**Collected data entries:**
------------------------------------

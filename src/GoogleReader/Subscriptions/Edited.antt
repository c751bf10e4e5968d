-- ===== src/GoogleReader/Subscriptions/Edited.antt =====
-- What the action "edit" does to the feeds.
use miniflux.Base.{nat_eq, string_eq}
use miniflux.Model.Category.{Category}
use miniflux.Model.Feed.{Feed}
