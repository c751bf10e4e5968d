-- ===== src/GoogleReader/Subscriptions/Tests.antt =====
-- Requests that edit a subscription.
use miniflux.Base.{
  ℕ, String, ◌≡◌, refl, sym, ap, ◌∙◌, ◌≢◌, true, false, Option, none, some, if◌then◌else◌, ◌==◌,
  nat_eq, string_eq, beq_refl, beq_of_ne,
}
use miniflux.Base.Int.{ℤ, pos, negsuc}
use miniflux.Base.Numbers.{parse_int, parse_digits, scan_digits, decimal_value}
use miniflux.Model.Category.{Category}
use miniflux.Model.Feed.{Feed}
use miniflux.Model.Feed.Patch.{patch_feed}
use miniflux.Model.Samples.{blank_feed}
use miniflux.GoogleReader.Reply.{Reply, ok, bad_request}
use miniflux.GoogleReader.Streams.{label_stream, feed_stream, Stream}
use miniflux.GoogleReader.FeedStore.{Storage}
use miniflux.GoogleReader.Subscriptions.{get_feed, get_or_create_category, rename, move, edit}

-- The titles and the categories of the feeds.
abbrev Rows : Type 0
Rows = ℕ → Option (String × ℕ)

abbrev category_of : ℕ → String → Category
category_of id title = record {
  id = id;
  title = title;
  user_id = 1;
  hide_globally = false;
  extra = record { block_filter = ""; hide_label = false };
  feed_count = none;
  total_unread = none;
}

abbrev feed_of_row : ℕ → Option (String × ℕ) → Option (Feed String)
feed_of_row id none = none
feed_of_row id (some (title, category)) =
    some (record blank_feed { id = id; title = title; category = category_of category "" })

abbrev feed_of_rows : ℤ → Rows → Option (Feed String)
feed_of_rows (pos id) rows = feed_of_row id (rows id)
feed_of_rows (negsuc n) rows = none

abbrev put : Feed String → Rows → Rows
put f rows id = if id == f.id then some (f.title, f.category.id) else rows id

feed_of_row-id :
    (id : ℕ) (row : Option (String × ℕ)) (f : Feed String) → feed_of_row id row ≡ some f → f.id ≡ id
feed_of_row-id id none f h = absurd (cc)
feed_of_row-id id (some (title, category)) f h =
    ap (λ o. elim o [ none ↦ id | some g ↦ g.id ]) (sym h)

feed_of_rows-id :
    (id : ℤ) (f : Feed String) (rows : Rows) → feed_of_rows id rows ≡ some f → pos f.id ≡ id
feed_of_rows-id (pos id) f rows h = ap pos (feed_of_row-id id (rows id) f h)
feed_of_rows-id (negsuc n) f rows h = absurd (cc)

put-found :
    (f : Feed String) (rows : Rows)
    → feed_of_rows (pos f.id) (put f rows)
      ≡ some (record blank_feed {
        id = f.id;
        title = f.title;
        category = category_of f.category.id "";
      })
put-found f rows = rw (beq_refl f.id) refl

put-other :
    (f : Feed String) (rows : Rows) (id : ℤ)
    → pos f.id ≢ id
    → feed_of_rows id (put f rows) ≡ feed_of_rows id rows
put-other f rows (pos id) apart = rw (beq_of_ne id f.id (λ same. apart (ap pos (sym same)))) refl
put-other f rows (negsuc n) apart = refl

some_inj : {A : Type 0} (a b : A) → some a ≡ some b → a ≡ b
some_inj a b h = cc

abbrev in_memory : Storage String
in_memory = record {
  State = Rows;
  feed_by_id = λ id rows. some (feed_of_rows id rows);
  update_feed = λ f rows. some (put f rows);
  remove_multiple_feeds = λ ids rows. some rows;
  first_category = λ rows. some (some (category_of 1 "All"));
  category_by_title = λ title rows. some none;
  create_category = λ title rows. some (category_of 7 title, rows);
  remove_categories = λ titles rows. some rows;
  id_law = λ id f rows h. feed_of_rows-id id f rows (some_inj (feed_of_rows id rows) (some f) h);
  update_law = λ f rows rows' h.
      let same = some_inj (put f rows) rows' h in
      (
        record blank_feed { id = f.id; title = f.title; category = category_of f.category.id "" },
        ap (λ r. some (feed_of_rows (pos f.id) r)) (sym same) ∙ ap some (put-found f rows),
        refl,
        refl,
      );
  update_other_law = λ f rows rows' id h apart.
      let same = some_inj (put f rows) rows' h in
      ap (λ r. some (feed_of_rows id r)) (sym same) ∙ ap some (put-other f rows id apart);
  create_law = λ title rows rows' c id h.
      let same : rows ≡ rows' = ap (λ o. elim o [ none ↦ rows | some p ↦ p.1 ]) h in
      ap (λ r. some (feed_of_rows id r)) (sym same);
}

abbrev two_feeds : Rows
two_feeds id = if id == 4 then some ("News", 1) else if id == 5 then some ("Blog", 2) else none

abbrev feed_4 : Stream
feed_4 = record { type = feed_stream; id = "4" }

abbrev tech : Stream
tech = record { type = label_stream; id = "Tech" }

-- The reply, and the two feeds after it.
abbrev seen : Reply × Rows → Reply × (Option (String × ℕ) × Option (String × ℕ))
seen (reply, rows) = (reply, (rows 4, rows 5))

-- A rename and a move into a new category.
renamed_and_moved :
    seen (edit in_memory feed_4 "Daily" true tech two_feeds)
    ≡ (ok, (some ("Daily", 7), some ("Blog", 2)))
unfolding edit rename move get_feed get_or_create_category patch_feed parse_int parse_digits
    scan_digits decimal_value
renamed_and_moved = refl

-- A tag to add that is no label is refused after the feed has been renamed.
renamed_and_refused :
    seen (edit in_memory feed_4 "Daily" true feed_4 two_feeds)
    ≡ (bad_request, (some ("Daily", 1), some ("Blog", 2)))
unfolding edit rename move get_feed patch_feed parse_int parse_digits scan_digits decimal_value
renamed_and_refused = refl

-- A feed that is not there.
not_there :
    (edit in_memory (record feed_4 { id = "6" }) "Daily" false tech two_feeds).0 ≡ bad_request
unfolding edit rename move get_feed patch_feed parse_int parse_digits scan_digits decimal_value
not_there = refl
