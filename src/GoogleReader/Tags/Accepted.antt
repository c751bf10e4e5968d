-- ===== src/GoogleReader/Tags/Accepted.antt =====
-- What the accepted tags say, against the tags that were asked for.
use miniflux.Base.{
  ◌≡◌, refl, sym, ap, ◌∙◌, ◌≢◌, inr, Bool, true, false, Option, none, some, List, [], ◌∷◌, arith,
  nat_eq, string_eq, lookup, lookup-insert,
}
use miniflux.Base.Results.{inr_of_bind}
use miniflux.GoogleReader.Streams.{
  StreamType, no_stream, read_stream, starred_stream, reading_list_stream, kept_unread_stream,
  broadcast_stream, broadcast_friends_stream, label_stream, feed_stream, like_stream, Stream,
}
use miniflux.GoogleReader.Tags.{
  stream_type_eq, Tags, has_key, add_tag, remove_tag, each, check_and_simplify_tags,
}

-- What a tag says of an entry: that it be read, or starred; `none` where it says nothing.
abbrev pub read_if_added : StreamType → Option Bool
read_if_added read_stream = some true
read_if_added kept_unread_stream = some false
read_if_added type = none

abbrev pub read_if_removed : StreamType → Option Bool
read_if_removed read_stream = some false
read_if_removed kept_unread_stream = some true
read_if_removed type = none

abbrev pub starred_if_added : StreamType → Option Bool
starred_if_added starred_stream = some true
starred_if_added type = none

abbrev pub starred_if_removed : StreamType → Option Bool
starred_if_removed starred_stream = some false
starred_if_removed type = none

-- Everything that the tags say, in order.
abbrev pub marks : (StreamType → Option Bool) → List Stream → List Bool
marks says [] = []
marks says (s ∷ streams) = elim (says s.type) [
  | none ↦ marks says streams
  | some b ↦ b ∷ marks says streams
]

-- The last mark, or what was known before.
abbrev pub last_mark : Option Bool → List Bool → Option Bool
last_mark known [] = known
last_mark known (b ∷ bs) = last_mark (some b) bs

abbrev over : Option Bool → Option Bool → Option Bool
over none known = known
over (some b) known = some b

-- What a step does to a key, where it is accepted: it writes what the tag says.
abbrev Writes : StreamType → Option Bool → Tags → Tags → Type 0
Writes key said tags tags' = lookup key tags' ≡ over said (lookup key tags)

-- The same, where a key is written once.
abbrev WritesOnce : StreamType → Option Bool → Tags → Tags → Type 0
WritesOnce key none tags tags' = lookup key tags' ≡ lookup key tags
WritesOnce key (some b) tags tags' = (lookup key tags ≡ none) × (lookup key tags' ≡ some b)

without_key : (key : StreamType) (tags : Tags) → has_key key tags ≡ false → lookup key tags ≡ none
unfolding has_key
without_key key tags h = ground arith

add_tag_lem :
    (type : StreamType) (tags tags' : Tags)
    → add_tag type tags ≡ inr tags'
    → Writes read_stream (read_if_added type) tags tags'
      × Writes starred_stream (starred_if_added type) tags tags'
unfolding add_tag
add_tag_lem no_stream tags tags' h = ground arith
add_tag_lem read_stream tags tags' h = ground (
  arith,
  lookup-insert read_stream read_stream true tags,
  lookup-insert read_stream starred_stream true tags,
)
add_tag_lem starred_stream tags tags' h = ground (
  arith,
  lookup-insert starred_stream starred_stream true tags,
  lookup-insert starred_stream read_stream true tags,
)
add_tag_lem reading_list_stream tags tags' h = ground arith
add_tag_lem kept_unread_stream tags tags' h = ground (
  arith,
  lookup-insert read_stream read_stream false tags,
  lookup-insert read_stream starred_stream false tags,
)
add_tag_lem broadcast_stream tags tags' h = ground arith
add_tag_lem broadcast_friends_stream tags tags' h = ground arith
add_tag_lem label_stream tags tags' h = ground arith
add_tag_lem feed_stream tags tags' h = ground arith
add_tag_lem like_stream tags tags' h = ground arith

remove_tag_lem :
    (type : StreamType) (tags tags' : Tags)
    → remove_tag type tags ≡ inr tags'
    → WritesOnce read_stream (read_if_removed type) tags tags'
      × WritesOnce starred_stream (starred_if_removed type) tags tags'
unfolding remove_tag
remove_tag_lem no_stream tags tags' h = ground arith
remove_tag_lem read_stream tags tags' h = ground (
  arith,
  without_key read_stream tags,
  lookup-insert read_stream read_stream false tags,
  lookup-insert read_stream starred_stream false tags,
)
remove_tag_lem starred_stream tags tags' h = ground (
  arith,
  without_key starred_stream tags,
  lookup-insert starred_stream starred_stream false tags,
  lookup-insert starred_stream read_stream false tags,
)
remove_tag_lem reading_list_stream tags tags' h = ground arith
remove_tag_lem kept_unread_stream tags tags' h = ground (
  arith,
  without_key read_stream tags,
  lookup-insert read_stream read_stream true tags,
  lookup-insert read_stream starred_stream true tags,
)
remove_tag_lem broadcast_stream tags tags' h = ground arith
remove_tag_lem broadcast_friends_stream tags tags' h = ground arith
remove_tag_lem label_stream tags tags' h = ground arith
remove_tag_lem feed_stream tags tags' h = ground arith
remove_tag_lem like_stream tags tags' h = ground arith

-- The outcome for a key of removed tags that say `removed`, where `known` stood before.
abbrev Once : List Bool → Option Bool → Option Bool → Type 0
Once [] known result = result ≡ known
Once (b ∷ []) known result = (known ≡ none) × (result ≡ some b)
Once (b ∷ c ∷ bs) known result = ⊥

-- The outcome of added tags that say `added` and removed tags that say `removed`.
abbrev pub Agrees : List Bool → List Bool → Option Bool → Type 0
Agrees added [] result = result ≡ last_mark none added
Agrees added (b ∷ []) result = (added ≡ []) × (result ≡ some b)
Agrees added (b ∷ c ∷ bs) result = ⊥

last_mark-some : (b : Bool) (bs : List Bool) → last_mark (some b) bs ≢ none
last_mark-some b [] = cc
last_mark-some b (c ∷ bs) = last_mark-some c bs

nothing_said : (bs : List Bool) → last_mark none bs ≡ none → bs ≡ []
nothing_said [] h = refl
nothing_said (b ∷ bs) h = absurd (last_mark-some b bs h)

Agrees-Once :
    (added removed : List Bool) (known result : Option Bool)
    → known ≡ last_mark none added
    → Once removed known result
    → Agrees added removed result
Agrees-Once added [] known result k h = h ∙ k
Agrees-Once added (b ∷ []) known result k (new, h) = (nothing_said added (sym k ∙ new), h)
Agrees-Once added (b ∷ c ∷ bs) known result k h = h

last_mark-over :
    (said known : Option Bool) (bs : List Bool)
    → last_mark (over said known) bs ≡ last_mark known (elim said [ none ↦ bs | some b ↦ b ∷ bs ])
last_mark-over none known bs = refl
last_mark-over (some b) known bs = refl

Once-WritesOnce :
    (key : StreamType) (said : Option Bool) (bs : List Bool) (tags middle : Tags)
    (result : Option Bool)
    → WritesOnce key said tags middle
    → Once bs (lookup key middle) result
    → Once (elim said [ none ↦ bs | some b ↦ b ∷ bs ]) (lookup key tags) result
Once-WritesOnce key none [] tags middle result w h = h ∙ w
Once-WritesOnce key none (b ∷ []) tags middle result w (new, h) = (sym w ∙ new, h)
Once-WritesOnce key none (b ∷ c ∷ bs) tags middle result w h = h
Once-WritesOnce key (some a) [] tags middle result (new, w) h = (new, h ∙ w)
Once-WritesOnce key (some a) (b ∷ []) tags middle result (new, w) (other, h) = absurd (cc)
Once-WritesOnce key (some a) (b ∷ c ∷ bs) tags middle result w h = h

added_lem :
    (streams : List Stream) (tags tags' : Tags)
    → each add_tag streams tags ≡ inr tags'
    → (lookup read_stream tags' ≡ last_mark (lookup read_stream tags) (marks read_if_added streams))
      × (lookup starred_stream tags'
          ≡ last_mark (lookup starred_stream tags) (marks starred_if_added streams))
added_lem [] tags tags' h = ground arith
added_lem (s ∷ streams) tags tags' h =
    let (middle, first, rest) = inr_of_bind (add_tag s.type tags) (each add_tag streams) tags' h in
    let (read, starred) = add_tag_lem s.type tags middle first in
    let (read', starred') = added_lem streams middle tags' rest in
    (
      read'
          ∙ ap (λ k. last_mark k (marks read_if_added streams)) read
          ∙ last_mark-over (read_if_added s.type) (lookup read_stream tags)
              (marks read_if_added streams),
      starred'
          ∙ ap (λ k. last_mark k (marks starred_if_added streams)) starred
          ∙ last_mark-over (starred_if_added s.type) (lookup starred_stream tags)
              (marks starred_if_added streams),
    )

removed_lem :
    (streams : List Stream) (tags tags' : Tags)
    → each remove_tag streams tags ≡ inr tags'
    → Once (marks read_if_removed streams) (lookup read_stream tags) (lookup read_stream tags')
      × Once
          (marks starred_if_removed streams)
          (lookup starred_stream tags)
          (lookup starred_stream tags')
removed_lem [] tags tags' h = ground arith
removed_lem (s ∷ streams) tags tags' h =
    let (middle, first, rest) =
      inr_of_bind (remove_tag s.type tags) (each remove_tag streams) tags' h in
    let (read, starred) = remove_tag_lem s.type tags middle first in
    let (read', starred') = removed_lem streams middle tags' rest in
    (
      Once-WritesOnce read_stream (read_if_removed s.type) (marks read_if_removed streams) tags
          middle _ read read',
      Once-WritesOnce starred_stream (starred_if_removed s.type) (marks starred_if_removed streams)
          tags middle _ starred starred',
    )

-- Accepted tags say, for "read" and for "starred" alike, what the last added tag says where no
-- removed tag says anything; and what the removed tag says where one does, which is then the only
-- one, and no added tag says anything of it.
pub check_and_simplify_tags-Agrees :
    (added removed : List Stream) (tags : Tags)
    → check_and_simplify_tags added removed ≡ inr tags
    → Agrees (marks read_if_added added) (marks read_if_removed removed) (lookup read_stream tags)
      × Agrees
          (marks starred_if_added added)
          (marks starred_if_removed removed)
          (lookup starred_stream tags)
unfolding check_and_simplify_tags
check_and_simplify_tags-Agrees added removed tags h =
    let (middle, first, rest) =
      inr_of_bind (each add_tag added []) (each remove_tag removed) tags h in
    let (read, starred) = added_lem added [] middle first in
    let (read', starred') = removed_lem removed middle tags rest in
    (
      Agrees-Once (marks read_if_added added) (marks read_if_removed removed) _ _ read read',
      Agrees-Once (marks starred_if_added added) (marks starred_if_removed removed) _ _ starred
          starred',
    )
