-- ===== src/GoogleReader/Tags/Tests.antt =====
-- Tags at concrete inputs.
use miniflux.Base.{◌≡◌, refl, inl, inr, true, false, [], ◌∷◌, nat_eq, string_eq, lookup, insert}
use miniflux.GoogleReader.Streams.{
  read_stream, kept_unread_stream, starred_stream, label_stream, stream,
}
use miniflux.GoogleReader.Tags.{
  stream_type_eq, simultaneously, unsupported, has_key, add_tag, remove_tag,
  check_and_simplify_tags,
}
use miniflux.GoogleReader.Tags.Accepted.{Agrees, check_and_simplify_tags-Agrees}

-- "kept-unread" after "read" is refused, and "read" after "kept-unread" is not.
read_then_kept :
    check_and_simplify_tags (stream read_stream "" ∷ stream kept_unread_stream "" ∷ []) []
    ≡ inl simultaneously
unfolding check_and_simplify_tags add_tag has_key lookup insert
read_then_kept = refl

kept_then_read :
    check_and_simplify_tags (stream kept_unread_stream "" ∷ stream read_stream "" ∷ []) []
    ≡ inr ((read_stream, true) ∷ [])
unfolding check_and_simplify_tags add_tag has_key lookup insert
kept_then_read = refl

label : check_and_simplify_tags (stream label_stream "a" ∷ []) [] ≡ inl (unsupported label_stream)
unfolding check_and_simplify_tags add_tag
label = refl

star_and_unread :
    check_and_simplify_tags (stream starred_stream "" ∷ []) (stream read_stream "" ∷ [])
    ≡ inr ((starred_stream, true) ∷ (read_stream, false) ∷ [])
unfolding check_and_simplify_tags add_tag remove_tag has_key lookup insert
star_and_unread = refl

check_and_simplify_tags-Agrees_example :
    Agrees [] (false ∷ []) (lookup read_stream ((starred_stream, true) ∷ (read_stream, false) ∷ []))
    × Agrees
        (true ∷ [])
        []
        (lookup starred_stream ((starred_stream, true) ∷ (read_stream, false) ∷ []))
check_and_simplify_tags-Agrees_example =
    check_and_simplify_tags-Agrees (stream starred_stream "" ∷ []) (stream read_stream "" ∷ [])
      ((starred_stream, true) ∷ (read_stream, false) ∷ []) star_and_unread
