-- ===== src/Http.antt =====
-- internal/http/request: the address that a request comes from.
pub mod ClientIp
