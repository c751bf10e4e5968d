-- ===== src/Http/ClientIp.antt =====
-- internal/http/request/client_ip.go: the client's address, from the headers that proxies add.
-- `trusted` is the caller's trustedProxy, `is_ip` is net.ParseIP's success, and `split_host` is the
-- host that net.SplitHostPort finds. A header is the list of its values.
pub mod Hops
mod Tests
use miniflux.Base.{
  ℕ, zero, suc, ◌+◌, ◌-◌, ◌*◌, ◌/◌, ◌%◌, ◌≤◌, ◌<◌, min, max, String, ◌≡◌, refl, sym, ap, ◌∙◌, ◌≢◌,
  ◌↔◌, ◌⊎◌, inl, inr, Bool, true, false, not, ◌&&◌, ◌||◌, Option, none, some, List, [], ◌∷◌, ◌++◌,
  map, reverse, arith, eq_iff, ltb, leb, nat_beq, if◌then◌else◌, ltb→lt, lt→ltb, leb→le,
  nat_beq_iff, tests, Eq, ◌==◌, nat_eq, string_eq, Bool-cases, Option-cases, beq_refl, eq_of_beq,
  ne_of_beq, beq_of_ne, length, get_elem?, length-append, All-mem, Memᴰ, any, keep, All, All-append,
  All-map, lookup, insert, lookup-insert, lookup-insert_self, length-insert_new,
}
use miniflux.Base.Text.{cut, split, trim_space}

-- dropIPv6zone
unfoldable pub drop_ipv6_zone : String → String
unfolding cut
drop_ipv6_zone address = elim (cut 0x25 address) [ none ↦ address | some (before, after) ↦ before ]

abbrev pub or_else : Option String → Option String → Option String
or_else none b = b
or_else (some a) b = some a

abbrev pub text_of : Option String → String
text_of none = ""
text_of (some s) = s

module _ (trusted is_ip : String → Bool) where
  -- The address that XForwardedFor returns for the first hop that is not trusted.
  unfoldable pub answer : String → String
  unfolding drop_ipv6_zone
  answer ip = let address = drop_ipv6_zone ip in if is_ip address then address else ""

  -- The inner loop of XForwardedFor: `none` where every hop is trusted.
  unfoldable pub scan_items : List String → Option String
  unfolding answer trim_space
  scan_items [] = none
  scan_items (item ∷ items) =
      let ip = trim_space item in if trusted ip then scan_items items else some (answer ip)

  -- The outer loop, over the values from the last one.
  unfoldable pub scan_values : List String → Option String
  unfolding scan_items
  scan_values [] = none
  scan_values (value ∷ values) =
      or_else (scan_items (reverse (split 0x2c value))) (scan_values values)

  unfoldable pub x_forwarded_for : List String → String
  unfolding scan_values
  x_forwarded_for values = text_of (scan_values (reverse values))

  -- FindRemoteIP
  unfoldable pub find_remote_ip : (String → Option String) → String → String
  find_remote_ip split_host addr =
      drop_ipv6_zone (elim (split_host addr) [ none ↦ addr | some host ↦ host ])

  -- FindClientIP: from X-Forwarded-For, X-Real-IP ("" where it is missing) and the remote address.
  unfoldable pub find_client_ip : (String → Option String) → List String → String → String → String
  unfolding x_forwarded_for find_remote_ip
  find_client_ip split_host forwarded real remote =
      let remote_ip = find_remote_ip split_host remote in
      let client = x_forwarded_for forwarded in
      let real_ip = drop_ipv6_zone (trim_space real) in
      if not (client == "")
      then client
      else if not (real == "") && is_ip real_ip
      then real_ip
      else remote_ip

------------------------------------

**AIM OF THE EXERCISE:**
Your answer should be the lines above from the one containing "feed_of_rows (negsuc n) rows = none" through the one containing "(id : ℕ) (row", copied exactly and with both ends kept.

**ANSWER TO THIS PROBLEM:**
feed_of_rows (negsuc n) rows = none

abbrev put : Feed String → Rows → Rows
put f rows id = if id == f.id then some (f.title, f.category.id) else rows id

feed_of_row-id :
    (id : ℕ) (row : Option (String × ℕ)) (f : Feed String) → feed_of_row id row ≡ some f → f.id ≡ id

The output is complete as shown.